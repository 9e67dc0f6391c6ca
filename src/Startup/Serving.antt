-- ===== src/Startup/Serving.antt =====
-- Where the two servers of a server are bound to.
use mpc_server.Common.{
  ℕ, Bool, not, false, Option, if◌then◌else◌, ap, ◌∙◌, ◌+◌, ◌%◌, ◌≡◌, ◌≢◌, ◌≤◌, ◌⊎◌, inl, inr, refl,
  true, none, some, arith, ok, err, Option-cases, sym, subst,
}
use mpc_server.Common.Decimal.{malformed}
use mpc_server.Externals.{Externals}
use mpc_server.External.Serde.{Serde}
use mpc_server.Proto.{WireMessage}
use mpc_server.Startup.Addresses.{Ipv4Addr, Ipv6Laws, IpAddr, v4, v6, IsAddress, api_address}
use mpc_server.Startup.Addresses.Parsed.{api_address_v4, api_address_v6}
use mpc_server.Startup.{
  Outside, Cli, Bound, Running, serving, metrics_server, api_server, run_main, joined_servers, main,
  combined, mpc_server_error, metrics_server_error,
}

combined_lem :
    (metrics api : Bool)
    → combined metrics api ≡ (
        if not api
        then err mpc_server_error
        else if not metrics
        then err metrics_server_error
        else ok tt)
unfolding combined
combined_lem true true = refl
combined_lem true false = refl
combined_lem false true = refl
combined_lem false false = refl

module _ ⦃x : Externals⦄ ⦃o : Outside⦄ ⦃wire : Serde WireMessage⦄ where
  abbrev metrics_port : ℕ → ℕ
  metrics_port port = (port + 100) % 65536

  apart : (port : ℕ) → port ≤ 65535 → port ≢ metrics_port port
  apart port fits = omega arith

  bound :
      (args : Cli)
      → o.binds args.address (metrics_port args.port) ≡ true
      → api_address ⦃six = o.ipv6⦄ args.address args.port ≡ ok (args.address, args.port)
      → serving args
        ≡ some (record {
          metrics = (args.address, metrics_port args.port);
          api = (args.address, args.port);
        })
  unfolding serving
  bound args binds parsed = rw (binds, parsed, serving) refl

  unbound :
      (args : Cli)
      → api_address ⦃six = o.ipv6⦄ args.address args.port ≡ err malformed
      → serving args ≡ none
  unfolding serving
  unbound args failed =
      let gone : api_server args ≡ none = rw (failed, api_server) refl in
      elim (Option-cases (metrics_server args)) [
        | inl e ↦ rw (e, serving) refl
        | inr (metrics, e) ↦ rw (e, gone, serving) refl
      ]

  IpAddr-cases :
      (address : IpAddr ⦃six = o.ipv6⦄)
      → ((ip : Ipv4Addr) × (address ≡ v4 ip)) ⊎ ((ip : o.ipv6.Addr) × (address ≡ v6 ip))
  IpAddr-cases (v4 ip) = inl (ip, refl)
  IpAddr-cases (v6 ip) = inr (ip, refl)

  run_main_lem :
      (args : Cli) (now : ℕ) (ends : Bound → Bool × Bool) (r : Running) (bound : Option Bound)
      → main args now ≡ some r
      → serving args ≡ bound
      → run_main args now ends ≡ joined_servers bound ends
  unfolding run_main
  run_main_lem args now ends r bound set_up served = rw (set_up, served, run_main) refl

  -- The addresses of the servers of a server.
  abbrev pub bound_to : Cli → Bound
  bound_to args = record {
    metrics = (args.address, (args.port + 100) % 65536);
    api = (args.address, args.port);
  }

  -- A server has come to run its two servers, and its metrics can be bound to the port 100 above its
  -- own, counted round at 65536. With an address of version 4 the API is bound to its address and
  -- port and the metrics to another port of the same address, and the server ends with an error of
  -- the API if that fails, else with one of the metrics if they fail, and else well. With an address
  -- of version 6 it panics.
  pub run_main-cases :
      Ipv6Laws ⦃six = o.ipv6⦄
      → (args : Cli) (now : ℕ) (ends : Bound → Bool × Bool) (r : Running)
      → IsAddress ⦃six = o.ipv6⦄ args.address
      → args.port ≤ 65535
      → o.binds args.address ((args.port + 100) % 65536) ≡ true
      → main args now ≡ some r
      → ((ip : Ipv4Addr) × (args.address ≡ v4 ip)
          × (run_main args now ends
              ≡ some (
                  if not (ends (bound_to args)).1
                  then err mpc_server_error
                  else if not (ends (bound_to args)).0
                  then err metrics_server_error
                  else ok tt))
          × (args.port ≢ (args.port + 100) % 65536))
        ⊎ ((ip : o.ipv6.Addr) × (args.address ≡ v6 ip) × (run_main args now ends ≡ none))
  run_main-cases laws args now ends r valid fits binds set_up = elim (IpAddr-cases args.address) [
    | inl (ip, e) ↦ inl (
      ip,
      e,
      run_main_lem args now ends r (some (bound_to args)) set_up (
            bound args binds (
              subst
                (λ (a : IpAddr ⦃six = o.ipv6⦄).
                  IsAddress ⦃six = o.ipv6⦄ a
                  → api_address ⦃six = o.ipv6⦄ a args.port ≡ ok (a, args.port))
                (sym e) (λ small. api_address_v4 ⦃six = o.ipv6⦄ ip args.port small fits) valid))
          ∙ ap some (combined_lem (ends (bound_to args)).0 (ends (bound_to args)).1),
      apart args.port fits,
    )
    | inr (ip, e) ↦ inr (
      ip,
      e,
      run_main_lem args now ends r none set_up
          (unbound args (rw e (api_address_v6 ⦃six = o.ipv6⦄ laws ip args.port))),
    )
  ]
-----
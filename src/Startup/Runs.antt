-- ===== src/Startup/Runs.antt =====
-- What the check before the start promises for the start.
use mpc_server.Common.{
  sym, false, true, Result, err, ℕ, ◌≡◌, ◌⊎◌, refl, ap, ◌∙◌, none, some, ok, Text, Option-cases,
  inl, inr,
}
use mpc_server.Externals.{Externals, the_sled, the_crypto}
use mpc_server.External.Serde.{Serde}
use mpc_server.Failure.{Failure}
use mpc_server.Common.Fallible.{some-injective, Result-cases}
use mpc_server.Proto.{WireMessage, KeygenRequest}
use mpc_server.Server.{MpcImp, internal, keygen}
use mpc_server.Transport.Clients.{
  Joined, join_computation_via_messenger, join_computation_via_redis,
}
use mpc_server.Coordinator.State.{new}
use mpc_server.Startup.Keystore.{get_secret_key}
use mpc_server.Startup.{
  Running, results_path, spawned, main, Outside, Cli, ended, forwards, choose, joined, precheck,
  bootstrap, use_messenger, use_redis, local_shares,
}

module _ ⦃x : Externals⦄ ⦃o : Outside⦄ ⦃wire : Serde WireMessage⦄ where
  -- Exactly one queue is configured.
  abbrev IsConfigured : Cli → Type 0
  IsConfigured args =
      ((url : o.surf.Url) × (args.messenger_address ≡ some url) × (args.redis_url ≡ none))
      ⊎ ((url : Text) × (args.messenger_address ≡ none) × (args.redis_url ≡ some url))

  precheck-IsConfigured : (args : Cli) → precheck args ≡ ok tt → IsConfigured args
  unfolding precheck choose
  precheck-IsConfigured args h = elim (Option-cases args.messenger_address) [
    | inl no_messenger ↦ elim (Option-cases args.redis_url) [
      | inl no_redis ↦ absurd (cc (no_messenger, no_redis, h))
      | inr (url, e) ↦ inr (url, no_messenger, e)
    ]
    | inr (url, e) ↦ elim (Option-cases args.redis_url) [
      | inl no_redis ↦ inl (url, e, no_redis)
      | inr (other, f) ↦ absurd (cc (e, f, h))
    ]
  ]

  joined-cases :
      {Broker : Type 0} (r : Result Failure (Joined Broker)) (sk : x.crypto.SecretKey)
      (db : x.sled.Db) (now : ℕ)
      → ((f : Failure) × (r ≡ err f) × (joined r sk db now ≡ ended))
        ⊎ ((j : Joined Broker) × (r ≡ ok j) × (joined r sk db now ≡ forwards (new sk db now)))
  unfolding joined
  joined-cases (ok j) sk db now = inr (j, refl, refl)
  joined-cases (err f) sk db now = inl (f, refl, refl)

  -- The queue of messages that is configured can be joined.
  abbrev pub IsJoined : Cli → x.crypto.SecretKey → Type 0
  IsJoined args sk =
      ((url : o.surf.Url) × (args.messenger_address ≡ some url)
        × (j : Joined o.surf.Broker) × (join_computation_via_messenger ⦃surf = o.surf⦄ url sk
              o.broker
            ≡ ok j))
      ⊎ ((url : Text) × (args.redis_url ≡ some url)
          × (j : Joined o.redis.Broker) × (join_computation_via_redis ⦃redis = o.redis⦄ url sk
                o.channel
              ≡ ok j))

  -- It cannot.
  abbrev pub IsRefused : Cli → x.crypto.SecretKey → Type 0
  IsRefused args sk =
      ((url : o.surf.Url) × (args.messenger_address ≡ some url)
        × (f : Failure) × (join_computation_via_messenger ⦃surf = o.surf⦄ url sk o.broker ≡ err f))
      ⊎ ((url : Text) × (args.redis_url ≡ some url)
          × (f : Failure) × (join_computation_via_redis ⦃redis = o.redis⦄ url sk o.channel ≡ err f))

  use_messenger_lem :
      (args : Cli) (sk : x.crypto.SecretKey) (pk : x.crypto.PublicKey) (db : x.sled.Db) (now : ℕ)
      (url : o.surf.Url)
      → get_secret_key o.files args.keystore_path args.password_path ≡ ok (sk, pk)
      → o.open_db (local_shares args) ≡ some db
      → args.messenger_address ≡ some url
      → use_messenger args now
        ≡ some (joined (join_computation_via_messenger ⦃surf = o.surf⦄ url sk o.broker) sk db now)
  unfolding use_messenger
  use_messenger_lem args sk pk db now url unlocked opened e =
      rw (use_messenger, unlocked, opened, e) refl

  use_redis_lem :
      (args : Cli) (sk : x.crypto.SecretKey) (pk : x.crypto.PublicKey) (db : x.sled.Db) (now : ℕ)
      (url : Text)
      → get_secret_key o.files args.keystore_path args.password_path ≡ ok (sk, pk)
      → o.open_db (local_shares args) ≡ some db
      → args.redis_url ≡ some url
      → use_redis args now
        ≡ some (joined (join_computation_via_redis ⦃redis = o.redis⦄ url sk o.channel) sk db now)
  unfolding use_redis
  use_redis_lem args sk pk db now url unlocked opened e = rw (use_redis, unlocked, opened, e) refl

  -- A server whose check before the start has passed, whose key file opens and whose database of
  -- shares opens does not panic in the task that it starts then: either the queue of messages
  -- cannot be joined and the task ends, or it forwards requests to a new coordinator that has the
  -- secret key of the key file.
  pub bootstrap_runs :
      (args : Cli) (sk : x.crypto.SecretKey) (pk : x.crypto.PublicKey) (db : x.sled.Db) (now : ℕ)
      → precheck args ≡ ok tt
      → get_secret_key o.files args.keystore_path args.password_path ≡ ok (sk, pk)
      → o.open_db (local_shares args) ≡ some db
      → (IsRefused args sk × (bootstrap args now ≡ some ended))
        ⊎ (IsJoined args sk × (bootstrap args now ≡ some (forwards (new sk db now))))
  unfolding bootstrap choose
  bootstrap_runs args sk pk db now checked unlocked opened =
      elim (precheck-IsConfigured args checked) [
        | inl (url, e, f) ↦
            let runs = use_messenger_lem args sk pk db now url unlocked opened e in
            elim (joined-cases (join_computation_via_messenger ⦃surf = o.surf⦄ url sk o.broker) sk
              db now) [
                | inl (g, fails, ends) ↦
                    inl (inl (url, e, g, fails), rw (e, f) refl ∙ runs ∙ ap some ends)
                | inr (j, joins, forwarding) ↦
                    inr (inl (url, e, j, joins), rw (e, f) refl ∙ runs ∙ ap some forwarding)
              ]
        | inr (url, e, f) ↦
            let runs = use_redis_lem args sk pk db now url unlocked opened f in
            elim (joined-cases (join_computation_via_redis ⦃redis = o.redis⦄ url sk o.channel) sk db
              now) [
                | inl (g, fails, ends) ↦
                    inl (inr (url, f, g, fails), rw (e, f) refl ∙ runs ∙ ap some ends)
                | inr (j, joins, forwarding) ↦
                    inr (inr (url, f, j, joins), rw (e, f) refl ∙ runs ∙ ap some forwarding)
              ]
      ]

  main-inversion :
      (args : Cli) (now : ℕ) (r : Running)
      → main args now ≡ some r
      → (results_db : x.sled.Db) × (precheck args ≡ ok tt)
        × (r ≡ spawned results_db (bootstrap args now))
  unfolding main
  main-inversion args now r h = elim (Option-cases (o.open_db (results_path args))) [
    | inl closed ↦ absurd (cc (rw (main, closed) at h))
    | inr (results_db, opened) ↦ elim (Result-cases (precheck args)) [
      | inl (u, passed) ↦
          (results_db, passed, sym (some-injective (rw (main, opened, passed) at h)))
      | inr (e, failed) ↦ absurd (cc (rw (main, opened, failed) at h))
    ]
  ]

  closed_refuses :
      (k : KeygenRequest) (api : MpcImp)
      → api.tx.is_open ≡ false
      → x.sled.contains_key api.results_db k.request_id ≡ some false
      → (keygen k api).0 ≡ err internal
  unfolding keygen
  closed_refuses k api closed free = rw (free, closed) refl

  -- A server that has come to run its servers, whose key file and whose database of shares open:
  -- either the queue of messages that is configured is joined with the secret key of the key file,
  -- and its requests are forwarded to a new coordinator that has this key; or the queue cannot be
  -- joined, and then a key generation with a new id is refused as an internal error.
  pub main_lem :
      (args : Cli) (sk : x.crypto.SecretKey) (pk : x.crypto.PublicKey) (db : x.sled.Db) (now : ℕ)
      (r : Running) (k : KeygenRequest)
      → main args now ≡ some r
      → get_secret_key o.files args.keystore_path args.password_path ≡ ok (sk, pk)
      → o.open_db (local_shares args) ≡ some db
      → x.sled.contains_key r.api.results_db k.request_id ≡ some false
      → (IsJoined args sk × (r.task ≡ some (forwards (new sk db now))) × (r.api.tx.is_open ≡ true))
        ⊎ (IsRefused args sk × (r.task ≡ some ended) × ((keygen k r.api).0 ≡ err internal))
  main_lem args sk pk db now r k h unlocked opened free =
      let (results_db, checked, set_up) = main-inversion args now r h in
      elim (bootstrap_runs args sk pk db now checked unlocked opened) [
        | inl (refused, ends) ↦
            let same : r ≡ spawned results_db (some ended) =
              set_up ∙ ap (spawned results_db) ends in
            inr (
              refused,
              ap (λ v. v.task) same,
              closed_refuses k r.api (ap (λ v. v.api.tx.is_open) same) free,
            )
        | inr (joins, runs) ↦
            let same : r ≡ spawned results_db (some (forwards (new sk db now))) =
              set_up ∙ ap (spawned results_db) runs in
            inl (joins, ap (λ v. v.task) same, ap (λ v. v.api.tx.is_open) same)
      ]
-----
*ASSIGNMENT*: Copy only this part of the entries above: the line with "(u, passed) ↦", the line with "let (results_db, checked, set_up)", and the lines between, all exactly as written.

*EXPECTED OUTPUT*:
      | inl (u, passed) ↦
          (results_db, passed, sym (some-injective (rw (main, opened, passed) at h)))
      | inr (e, failed) ↦ absurd (cc (rw (main, opened, failed) at h))
    ]
  ]

  closed_refuses :
      (k : KeygenRequest) (api : MpcImp)
      → api.tx.is_open ≡ false
      → x.sled.contains_key api.results_db k.request_id ≡ some false
      → (keygen k api).0 ≡ err internal
  unfolding keygen
  closed_refuses k api closed free = rw (free, closed) refl

  -- A server that has come to run its servers, whose key file and whose database of shares open:
  -- either the queue of messages that is configured is joined with the secret key of the key file,
  -- and its requests are forwarded to a new coordinator that has this key; or the queue cannot be
  -- joined, and then a key generation with a new id is refused as an internal error.
  pub main_lem :
      (args : Cli) (sk : x.crypto.SecretKey) (pk : x.crypto.PublicKey) (db : x.sled.Db) (now : ℕ)
      (r : Running) (k : KeygenRequest)
      → main args now ≡ some r
      → get_secret_key o.files args.keystore_path args.password_path ≡ ok (sk, pk)
      → o.open_db (local_shares args) ≡ some db
      → x.sled.contains_key r.api.results_db k.request_id ≡ some false
      → (IsJoined args sk × (r.task ≡ some (forwards (new sk db now))) × (r.api.tx.is_open ≡ true))
        ⊎ (IsRefused args sk × (r.task ≡ some ended) × ((keygen k r.api).0 ≡ err internal))
  main_lem args sk pk db now r k h unlocked opened free =
      let (results_db, checked, set_up) = main-inversion args now r h in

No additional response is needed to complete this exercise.